(Dataset entries)
========================================
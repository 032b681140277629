-- ===== src/SchemaComponents/Permissions.antt =====
-- Who reads and changes the schemas of a project.
use schematica_api.Access.{can_own_project, can_view_project}
use schematica_api.Access.Rules.{MayOwn, MayView, can_own_project_iff, can_view_project_iff}
use schematica_api.Common.{String, ◌≡◌, ◌⊎◌, inl, inr, arith, Bool-cases}
use schematica_api.Database.{Database, PrismaService, IsPrisma}
use schematica_api.Exceptions.{ok, throw, project_not_found}
use schematica_api.SchemaComponents.{
  CreateSchemaComponentDto, UpdateSchemaComponentDto, create, update, remove, find_all_for_project,
  find_one_by_name, verify_project_access, as_owner, as_viewer,
}
use schematica_api.User.{UserDto}

module _ (client : PrismaService) (laws : IsPrisma client) (db : Database)
    (project_id name : String) (actor : UserDto) where
  owner_verified :
      ((verify_project_access client db project_id actor as_owner ≡ ok tt)
        × MayOwn db.grants actor project_id)
      ⊎ (verify_project_access client db project_id actor as_owner
          ≡ throw (project_not_found project_id))
  unfolding verify_project_access
  owner_verified = elim (Bool-cases (can_own_project db.grants client.project actor project_id)) [
    | inl may ↦ inl (
      ground (arith, may),
      (can_own_project_iff db.grants client.project actor project_id laws.project).0 may,
    )
    | inr may_not ↦ inr (ground (arith, may_not))
  ]

  viewer_verified :
      ((verify_project_access client db project_id actor as_viewer ≡ ok tt)
        × MayView db.grants actor project_id)
      ⊎ (verify_project_access client db project_id actor as_viewer
          ≡ throw (project_not_found project_id))
  unfolding verify_project_access
  viewer_verified = elim (Bool-cases (can_view_project db.grants client.project actor project_id)) [
    | inl may ↦ inl (
      ground (arith, may),
      (can_view_project_iff db.grants client.project actor project_id laws.project).0 may,
    )
    | inr may_not ↦ inr (ground (arith, may_not))
  ]

-- Whoever may not own the project changes nothing of its schemas and is told that there is no such
-- project, by each of the three operations that change a schema.
pub writes_need_owner :
    (client : PrismaService)
    → IsPrisma client
    → (db : Database) (project_id name new_id : String) (actor : UserDto)
      (new : CreateSchemaComponentDto) (dto : UpdateSchemaComponentDto)
    → ¬ MayOwn db.grants actor project_id
    → (create client db project_id new actor new_id ≡ throw (project_not_found project_id))
      × (update client db project_id name dto actor ≡ throw (project_not_found project_id))
      × (remove client db project_id name actor ≡ throw (project_not_found project_id))
unfolding create update remove
writes_need_owner client laws db project_id name new_id actor new dto may_not =
    elim (owner_verified client laws db project_id name actor) [
      | inl (v, may) ↦ absurd (may_not may)
      | inr v ↦ (rw v, rw v, rw v)
    ]

-- Whoever may not view the project reads none of its schemas and is told that there is no such
-- project.
pub reads_need_viewer :
    (client : PrismaService)
    → IsPrisma client
    → (db : Database) (project_id name : String) (actor : UserDto)
    → ¬ MayView db.grants actor project_id
    → (find_all_for_project client db project_id actor ≡ throw (project_not_found project_id))
      × (find_one_by_name client db project_id name actor ≡ throw (project_not_found project_id))
unfolding find_all_for_project find_one_by_name
reads_need_viewer client laws db project_id name actor may_not =
    elim (viewer_verified client laws db project_id name actor) [
      | inl (v, may) ↦ absurd (may_not may)
      | inr v ↦ (rw v, rw v)
    ]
========================================
◆ Task objective ◆
Pull from the data each line where the string "UpdateSchemaComponentDto" turns up.

◆ Response to this exercise ◆
  CreateSchemaComponentDto, UpdateSchemaComponentDto, create, update, remove, find_all_for_project,
      (new : CreateSchemaComponentDto) (dto : UpdateSchemaComponentDto)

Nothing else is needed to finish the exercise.